:: Task prompt ::
In the entries below, find the line with "elim (edit_key c" and the line with "-- The result". Reproduce those two lines and every line between them exactly, and nothing more.

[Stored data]
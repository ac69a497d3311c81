-- ===== src/Keyboard.antt =====
-- The keyboard driver of kernel/keyboard.c (kernel mode).
-- What `inb` reads is an argument: a reading is the status byte and, where its lowest bit is set, the
-- scancode. `keyboard_get_line` takes the list of the readings that its polls get. The text in
-- `buffer[0 .. pos)` is a list, and `pos` its length.
pub mod Queue
pub mod Line
pub mod Keep
pub mod Return
pub mod Hosted
pub mod HostedLine
pub mod Tests
use alpha_os.Prelude.{
  ℕ, zero, suc, ◌+◌, ◌-◌, ◌*◌, ◌/◌, ◌%◌, ◌^◌, Bool, true, false, ◌&&◌, ◌||◌, not, Option, none,
  some, List, [], ◌∷◌, ◌++◌, codes, ltb, leb, ◌==◌, if◌then◌else◌, length, get_or, take,
}
use alpha_os.Bytes.{Memory, poke}
use alpha_os.CString.{◌>>=◌}
use alpha_os.CString.Spec.{Text}
use alpha_os.Console.{Console, console_putchar}

-- The static variables of the driver.
pub record Keyboard : Type 0 where
  pub buffer : Memory
  pub head : ℕ
  pub tail : ℕ

abbrev pub Reading : Type 0
Reading = ℕ × ℕ

-- `keyboard_us`; the elements that the table does not give are 0.
abbrev pub keyboard_us : List ℕ
keyboard_us =
    0 ∷ 27 ∷ codes "1234567890-=\u{8}"
    ++ codes "\tqwertyuiop[]\n"
    ++ 0 ∷ codes "asdfghjkl;'`"
    ++ 0 ∷ codes "\\zxcvbnm,./"
    ++ 0 ∷ codes "*"
    ++ 0 ∷ codes " "
    ++ 0 ∷ 0 ∷ 0 ∷ 0 ∷ 0 ∷ 0 ∷ 0 ∷ 0 ∷ 0 ∷ 0 ∷ 0 ∷ 0 ∷ 0 ∷ 0 ∷ 0 ∷ 0 ∷ codes "-"
    ++ 0 ∷ 0 ∷ 0 ∷ codes "+"

unfoldable pub key_at : ℕ → ℕ
key_at scancode = get_or keyboard_us scancode 0

unfoldable pub keyboard_init : Keyboard → Keyboard
keyboard_init k = record k { head = 0; tail = 0 }

unfoldable pub keyboard_available : Keyboard → Bool
keyboard_available k = not (k.head == k.tail)

unfoldable pub keyboard_read : Keyboard → ℕ × Keyboard
keyboard_read k =
    if k.head == k.tail then (0, k) else (k.buffer k.tail, record k { tail = (k.tail + 1) % 256 })

unfoldable pub keyboard_clear_buffer : Keyboard → Keyboard
keyboard_clear_buffer k = record k { head = k.tail }

-- A key goes into the buffer, where there is room.
unfoldable pub push_key : Keyboard → ℕ → Keyboard
push_key k c =
    if (k.head + 1) % 256 == k.tail
    then k
    else record k { buffer = poke k.buffer k.head c; head = (k.head + 1) % 256 }

-- The scancode counts where the output buffer is full, a key is pressed, and the table has it.
unfoldable pub keyboard_poll : Keyboard → Reading → Keyboard
keyboard_poll k (status, scancode) =
    if status % 2 == 0
    then k
    else if not (scancode / 128 % 2 == 0)
    then k
    else if key_at scancode == 0
    then k
    else push_key k (key_at scancode)

-- `while (!keyboard_available()) keyboard_poll();`: none where the readings end before a key.
unfoldable pub wait_key : Keyboard → List Reading → Option (Keyboard × List Reading)
wait_key k [] = if keyboard_available k then some (k, []) else none
wait_key k (r ∷ rs) =
    let rest = wait_key (keyboard_poll k r) rs in
    if keyboard_available k then some (k, r ∷ rs) else rest

-- What a key does to the line and to the screen; none at the line's end.
unfoldable pub edit_key : ℕ → Text → Console → Option (Text × Console)
edit_key c text s =
    if (c == 10) || (c == 13)
    then none
    else if c == 8
    then if ltb 0 (length text)
      then some (
        take (length text - 1) text,
        console_putchar (console_putchar (console_putchar s 8) 32) 8,
      )
      else some (text, s)
    else if leb 32 c && leb c 126
    then some (text ++ (c ∷ []), console_putchar s c)
    else some (text, s)

-- What `keyboard_get_line` leaves: the line, the driver, the screen and the readings to come.
pub record Typed : Type 0 where
  pub line : Text
  pub keyboard : Keyboard
  pub console : Console
  pub readings : List Reading

-- `while (pos < buffer_size - 1) ..`; each round takes a key, so one round more than there are keys
-- is enough fuel (Keyboard.Line).
unfoldable pub line_loop : (fuel limit : ℕ) → Typed → Option Typed
line_loop zero limit t = none
line_loop (suc fuel) limit t =
    if not (ltb (length t.line) limit) then some t else elim (wait_key t.keyboard t.readings) [
      | none ↦ none
      | some (k, rs) ↦
          let (c, k') = keyboard_read k in
          elim (edit_key c t.line t.console) [
            | none ↦ some (record t { keyboard = k'; readings = rs })
            | some (line, console) ↦
                line_loop fuel limit
                  (record { line = line; keyboard = k'; console = console; readings = rs })
          ]
    ]

-- The result is `pos`.
unfoldable pub keyboard_get_line :
    (fuel buffer_size : ℕ) → Keyboard → Console → List Reading → Option (ℕ × Typed)
keyboard_get_line fuel buffer_size k s rs =
    line_loop fuel ((buffer_size + 2 ^ 32 - 1) % 2 ^ 32)
      (record { line = []; keyboard = k; console = s; readings = rs })
    >>= λ t. some (length t.line, record t { console = console_putchar t.console 10 })
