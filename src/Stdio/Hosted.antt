-- ===== src/Stdio/Hosted.antt =====
-- `vprintf` and `printf` of libc/stdio.c where they are built with TEST_MODE: `vprintf` calls `printf`,
-- and the linker gives it the `printf` of the same file.
use alpha_os.Prelude.{
  ℕ, zero, suc, ◌≡◌, refl, Option, none, some, List, [], ◌∷◌, length, Option-cases, inl, inr, codes,
}
use alpha_os.CString.{◌>>=◌}
use alpha_os.CString.Spec.{Text}
use alpha_os.Stdio.{Arg, text, c_string, vsprintf}

-- `none` says that the fuel has run out.
unfoldable pub hosted_vprintf : (fuel : ℕ) (format : Text) → List Arg → Option ℕ
hosted_vprintf zero format args = none
hosted_vprintf (suc f) format args = vsprintf format args >>= λ buffer.
    hosted_vprintf f (codes "%s") (text (c_string buffer) ∷ []) >>= λ n. some (length buffer)

unfoldable pub hosted_printf : (fuel : ℕ) (format : Text) → List Arg → Option ℕ
hosted_printf fuel format args = hosted_vprintf fuel format args

hosted_vprintf-none :
    (fuel : ℕ) (format : Text) (args : List Arg) → hosted_vprintf fuel format args ≡ none
unfolding hosted_vprintf
hosted_vprintf-none zero format args = refl
hosted_vprintf-none (suc f) format args = elim (Option-cases (vsprintf format args)) [
  | inl fault ↦ rw fault refl
  | inr (buffer, written) ↦
      rw (written, hosted_vprintf-none f (codes "%s") (text (c_string buffer) ∷ [])) refl
]

-- In TEST_MODE no fuel is enough for a call of `printf`: the calls never come to an end.
pub hosted_printf-none :
    (fuel : ℕ) (format : Text) (args : List Arg) → hosted_printf fuel format args ≡ none
unfolding hosted_printf
hosted_printf-none fuel format args = hosted_vprintf-none fuel format args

:: Exercise response ::
          elim (edit_key c t.line t.console) [
            | none ↦ some (record t { keyboard = k'; readings = rs })
            | some (line, console) ↦
                line_loop fuel limit
                  (record { line = line; keyboard = k'; console = console; readings = rs })
          ]
    ]

-- The result is `pos`.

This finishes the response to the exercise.